Advanced Open Document Format Collaborators

We may collaborating with Oliver Reichenstein (iA Writer), Jesse Grosjean (WriteRoom Developer) and Craig Tashman (LiquidText developer) to build a richly extensible and robust document format which will give us interoperability between independent word processor developers applications.

 

The Time Browser Initiative

We will use the logic of the Time Browser Initiative where possible, particularly with citations: http://timebrowser.info

 

Liquid | Author

Author is a macOS word processing application with several unique, student centred features which was developed into a working prototype proof-of-concept and which now serves as an interaction study. Special features of Author include:

•  Cuttings remember everything you cut. Cmd-shift-v to paste from your Cuttings.
•  Automatic Outline. Pinch to collapse the documents to only see the headings. Click on a heading to jump or click outside or ESC to return to main body.
•  Powerful Find. Select text and cmd-f to see only sentences which includes the selected text. Click on a sentence to jump to it’s location in the document or click in the margin to return to regular view.
•  Quick Citations. Quickly & easily assign citations via Amazon look-up or Liquid | Flow’s Copy As Citation command.
• Read & Edit Modes. Read modes supports spacebar for screen down and select text & spacebar for the text to be spoken.
• Academic Export. Export (Author does not feature a ‘Publish’ system) with References automatically appended at the end of the document.
•  Commentary Layer. Implementing a layer in documents for comments and doodles and sketching, to help the reader understand the document and to communicate with the author.
• Publish Analysis Modules designed to guide the student though an analysis process when the chooses to ‘Publish’ their document, to make sure the document handed in is as good as the student is capable of writing, and the same analysis can be done by the teacher on import in order to check for basic issues:
•  See an automatically generated summary of the document (as generated by the code in the Open Text Libraries, see below) which will show the student whether or not what was intended to get across actually comes across in the document. The student can click on any sentence in the summary to see what parts of the document contributed to that specific summary, and easily alter the document where needed
•  Check for plagiarism
•  Check writing level
•  Check citations
•  Specify what type of document/assignment this is and answer questions as to which sections correspond to which expected sections, such as a ‘Methods’ section in a science assignment

Author Project Team

This Author component is a collaboration between the Project Lead Frode Hegland, director of the Liquid Information Company and PhD student at the University of Southampton and advisor Vint Cerf co-inventor of the internet, Internet Evangelist at Google Inc.
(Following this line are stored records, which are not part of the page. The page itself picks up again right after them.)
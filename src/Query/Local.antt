-- ===== src/Query/Local.antt =====
-- graph-engine/crates/graph-query/src/local_executor.rs: plan steps against one partition's
-- generation, which the caller has acquired. A `HashSet` of ids is a list without repetition.
pub mod AntiJoin
pub mod Visit
pub mod Hop
use doi.Prelude.{
  ℕ, zero, suc, ◌+◌, String, Bool, true, false, not, ◌&&◌, ◌||◌, List, [], ◌∷◌, ◌++◌, Option, none,
  some, get, insert, map, filter, any, all, string_eq, nat_eq, pair_eq, ◌==◌, if◌then◌else◌,
  is_some, leb, ◌<>◌,
}
use doi.Prelude.Int.{ℤ}
use doi.Schema.{NodeId, EdgeId}
use doi.Dsl.{ComparisonOp, Direction, HopRange, PropertyFilter}
use doi.Index.{
  AdjacencyEntry, RemoteRef, TopologicalIndex, PropertyIndex, Bound, IndexGeneration, out_neighbors,
  in_neighbors, lookup_eq, lookup_range,
}
use doi.Query.{
  Run, ok, err, panic, ◌>>=◌, bound, ExecutionError, PlanStep, ExpandHop, AntiJoinStep, Binding,
  from_node, Frontier,
}
use doi.Query.Filter.{evaluate_filter}
use doi.Query.Planner.{literal_to_property_key}

unfoldable pub resolve_start : IndexGeneration → PlanStep → Run (List Binding)
resolve_start generation (PlanStep.resolve_start alias label_or_type property key) =
    ok (map (from_node alias) (lookup_eq generation.properties label_or_type property key))
resolve_start generation _ =
    err (ExecutionError.unknown_alias "resolve_start called with a non-ResolveStart step")

unfoldable pub resolve_all : IndexGeneration → PlanStep → Run (List Binding)
resolve_all generation (PlanStep.resolve_all alias label) = ok (
    map (λ entry. from_node alias entry.0)
      (filter (λ entry. entry.1.label == label) generation.node_records))
resolve_all generation _ =
    err (ExecutionError.unknown_alias "resolve_all called with a non-ResolveAll step")

abbrev pub neighbors_of : TopologicalIndex → Direction → NodeId → List AdjacencyEntry
neighbors_of topology Direction.outgoing node = out_neighbors topology node
neighbors_of topology Direction.incoming node = in_neighbors topology node

abbrev pub type_fits : Option String → AdjacencyEntry → Bool
type_fits none entry = true
type_fits (some t) entry = entry.edge_type == t

-- `HashSet::insert`
abbrev pub insert_set : NodeId → List NodeId → List NodeId
insert_set node set = if any (λ n. n == node) set then set else set ++ node ∷ []

-- the mutable state of one call
pub record Walk : Type 0 where
  pub local : List Binding
  pub remote : List (RemoteRef × Binding)
  pub seen : List (ℕ × NodeId)

-- `binding.clone()` with the far node bound, and the edge if it has an alias
abbrev pub extend : ExpandHop → Binding → AdjacencyEntry → NodeId → Binding
extend hop binding entry node = record {
  nodes = insert hop.to_alias node binding.nodes;
  edges = elim hop.edge_alias [
    | none ↦ binding.edges
    | some alias ↦ insert alias entry.edge_id binding.edges
  ];
}

-- the same with no edge alias
abbrev pub extend_node : ExpandHop → Binding → NodeId → Binding
extend_node hop binding node = record binding { nodes = insert hop.to_alias node binding.nodes }

abbrev pub is_seen : ℕ → NodeId → Walk → Bool
is_seen idx node walk = any (λ s. ◌==◌ {A = ℕ × ℕ} s (idx, node)) walk.seen

module _ (hop : ExpandHop) (idx : ℕ) (binding : Binding) where
  -- an entry whose far end is local
  unfoldable pub visit_local : AdjacencyEntry → NodeId → List NodeId × Walk → List NodeId × Walk
  visit_local entry dst (next, walk) = (
    insert_set dst next,
    elim hop.edge_alias [
      | none ↦ walk
      | some alias ↦ record walk { local = walk.local ++ extend hop binding entry dst ∷ [] }
    ],
  )

  -- an entry whose far end is on another partition
  unfoldable pub visit_remote : AdjacencyEntry → RemoteRef → Walk → Walk
  visit_remote entry ref walk =
      let pushed = walk.remote ++ (ref, extend hop binding entry ref.node) ∷ [] in
      elim hop.edge_alias [
        | some alias ↦ record walk { remote = pushed }
        | none ↦
            if is_seen idx ref.node walk
            then walk
            else record walk { remote = pushed; seen = (idx, ref.node) ∷ walk.seen }
      ]

  unfoldable pub visit_entry : AdjacencyEntry → List NodeId × Walk → List NodeId × Walk
  unfolding visit_local visit_remote
  visit_entry entry (next, walk) =
      if type_fits hop.edge_type entry
      then elim entry.dst_local [
        | some dst ↦ visit_local entry dst (next, walk)
        | none ↦ elim entry.dst_remote [
          | some ref ↦ (next, visit_remote entry ref walk)
          | none ↦ (next, walk)
        ]
      ]
      else (next, walk)

  unfoldable pub visit_entries : List AdjacencyEntry → List NodeId × Walk → List NodeId × Walk
  visit_entries [] state = state
  visit_entries (entry ∷ entries) state = visit_entries entries (visit_entry entry state)

  unfoldable pub visit_nodes :
      TopologicalIndex → List NodeId → List NodeId × Walk → List NodeId × Walk
  visit_nodes topology [] state = state
  visit_nodes topology (node ∷ nodes) state =
      visit_nodes topology nodes (visit_entries (neighbors_of topology hop.direction node) state)

  -- the pass over `next` at a depth in the range
  unfoldable pub accept : List NodeId → Walk → Walk
  accept [] walk = walk
  accept (node ∷ nodes) walk = accept nodes (
      if is_seen idx node walk then walk else record walk {
        local = walk.local ++ extend_node hop binding node ∷ [];
        seen = (idx, node) ∷ walk.seen;
      })

  -- `for depth in 1..=hops.max`, with the rounds that are left
  unfoldable pub walk_depths : TopologicalIndex → (left depth : ℕ) → List NodeId → Walk → Walk
  unfolding visit_nodes visit_entries visit_entry accept
  walk_depths topology zero depth current walk = walk
  walk_depths topology (suc left) depth current walk =
      let (next, walk') = visit_nodes topology current ([], walk) in
      let walk'' =
        if not (is_some hop.edge_alias) && leb hop.hops.min depth
        then accept next walk'
        else walk' in
      let rest = walk_depths topology left (suc depth) next walk'' in
      elim next [ [] ↦ walk'' | _ ∷ _ ↦ rest ]

-- the loop over the frontier, with the index of the binding
unfoldable pub walk_bindings : ExpandHop → TopologicalIndex → ℕ → List Binding → Walk → Run Walk
unfolding walk_depths
walk_bindings hop topology idx [] walk = ok walk
walk_bindings hop topology idx (binding ∷ frontier) walk = do
  start ← bound hop.from_alias (get hop.from_alias binding.nodes)
  walk_bindings hop topology (suc idx) frontier
      (walk_depths hop idx binding topology hop.hops.max 1 (start ∷ []) walk)

unfoldable pub ids_matching : PropertyIndex → String → PropertyFilter → Run (List NodeId)
ids_matching properties label filter = elim (literal_to_property_key filter.value) [
  | none ↦ panic
  | some key ↦ elim filter.op [
    | ComparisonOp.eq ↦ ok (lookup_eq properties label filter.property key)
    | ComparisonOp.gt ↦
        ok (lookup_range properties label filter.property (Bound.excluded key, Bound.unbounded))
    | ComparisonOp.gte ↦
        ok (lookup_range properties label filter.property (Bound.included key, Bound.unbounded))
    | ComparisonOp.lt ↦
        ok (lookup_range properties label filter.property (Bound.unbounded, Bound.excluded key))
    | ComparisonOp.lte ↦
        ok (lookup_range properties label filter.property (Bound.unbounded, Bound.included key))
    | ComparisonOp.ne ↦ err (
        ExecutionError.unknown_alias
          ("WHERE ... <> on property " <> filter.property <> " is not supported in v1"))
  ]
]

-- the loop over the filters: the ids that satisfy all
unfoldable pub allowed_by :
    PropertyIndex → String → List PropertyFilter → Option (List NodeId) → Run (Option (List NodeId))
unfolding ids_matching
allowed_by properties label [] allowed = ok allowed
allowed_by properties label (f ∷ filters) allowed = do
  matches ← ids_matching properties label f
  allowed_by properties label filters (
      some (elim allowed [
        | none ↦ matches
        | some prev ↦ filter (λ id. any (λ n. n == id) matches) prev
      ]))

-- `allowed.contains(&b.nodes[to_alias])`, where a missing alias panics
unfoldable pub keep_allowed : String → List NodeId → List Binding → Run (List Binding)
keep_allowed to_alias allowed [] = ok []
keep_allowed to_alias allowed (b ∷ bs) = do
  rest ← keep_allowed to_alias allowed bs
  elim (get to_alias b.nodes) [
    | none ↦ panic
    | some id ↦ ok (if any (λ n. n == id) allowed then b ∷ rest else rest)
  ]

abbrev pub or_empty : Option (List NodeId) → List NodeId
or_empty none = []
or_empty (some ids) = ids

unfoldable pub apply_filters :
    PropertyIndex
    → (to_label : Option String) → (to_alias : String) → List PropertyFilter
    → List Binding
    → Run (List Binding)
unfolding allowed_by keep_allowed
apply_filters properties to_label to_alias [] bindings = ok bindings
apply_filters properties none to_alias (f ∷ filters) bindings = ok bindings
apply_filters properties (some label) to_alias (f ∷ filters) bindings = do
  allowed ← allowed_by properties label (f ∷ filters) none
  keep_allowed to_alias (or_empty allowed) bindings

unfoldable pub expand_hop : IndexGeneration → PlanStep → List Binding → Run Frontier
unfolding walk_bindings apply_filters
expand_hop generation (PlanStep.expand_hop hop) frontier = do
  walk ←
      walk_bindings hop generation.topology 0 frontier
        (record { local = []; remote = []; seen = [] })
  local ← apply_filters generation.properties hop.to_label hop.to_alias hop.filters walk.local
  ok (record { local = local; remote = walk.remote })
expand_hop generation _ frontier =
    err (ExecutionError.unknown_alias "expand_hop called with a non-ExpandHop step")

abbrev pub is_at : NodeId → Option NodeId → Bool
is_at node none = false
is_at node (some n) = n == node

module _ (parse_rfc3339_micros : String → Option ℤ) where
  -- the closure of `any`
  unfoldable pub is_candidate :
      IndexGeneration → Option String → NodeId → List PropertyFilter → AdjacencyEntry → Bool
  is_candidate generation edge_type to_node conditions entry =
      type_fits edge_type entry
      && ((is_at to_node entry.dst_local
            || is_at to_node (elim entry.dst_remote [ none ↦ none | some r ↦ some r.node ]))
          && elim (get entry.edge_id generation.edge_records) [
            | some held ↦ all (evaluate_filter parse_rfc3339_micros held.properties) conditions
            | none ↦ false
          ])

  unfoldable pub check_anti_join :
      IndexGeneration
      → AntiJoinStep
      → (conditions : List PropertyFilter) → List Binding
      → Run (List Binding)
  unfolding is_candidate
  check_anti_join generation step conditions [] = ok []
  check_anti_join generation step conditions (binding ∷ frontier) = do
    from_node ← bound step.from_alias (get step.from_alias binding.nodes)
    to_node ← bound step.to_alias (get step.to_alias binding.nodes)
    survivors ← check_anti_join generation step conditions frontier
    ok (
        if any (is_candidate generation step.edge_type to_node conditions)
          (neighbors_of generation.topology step.direction from_node)
        then survivors
        else binding ∷ survivors)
Frode is the developer of the macOS  Author software application, which is the initial host application for the Open text Libraries and which will use the Advanced Open Document Format standard.

For more information on Author, please see this post: http://wordpress.liquid.info/the-liquid-author-project/

 

Financials

Revenue

Although the components Author uses will be open source, the Author application will be sold (£8 $10 which is comparable to minimalist word processors and should be affordable to students) to end-users and will be continually updated as the project advances.

Sponsorship

Sponsorship will be greatly appreciated and all sponsors will be duly credited with gratitude.

This is not something we can finance on our own if it is to have a powerful boosting effect on education and building this as a commercial operation will focus too much on revenue and not enough on continually improving the student – teacher relationship via documents. This is why re rely on grants and donations to make this project truly user-focused.

Costs

We do not know the full cost of this project yet, this is an early exploratory project. The main elements of the cost of realising the project will be highly competent programmers, including those with computational linguistics experience.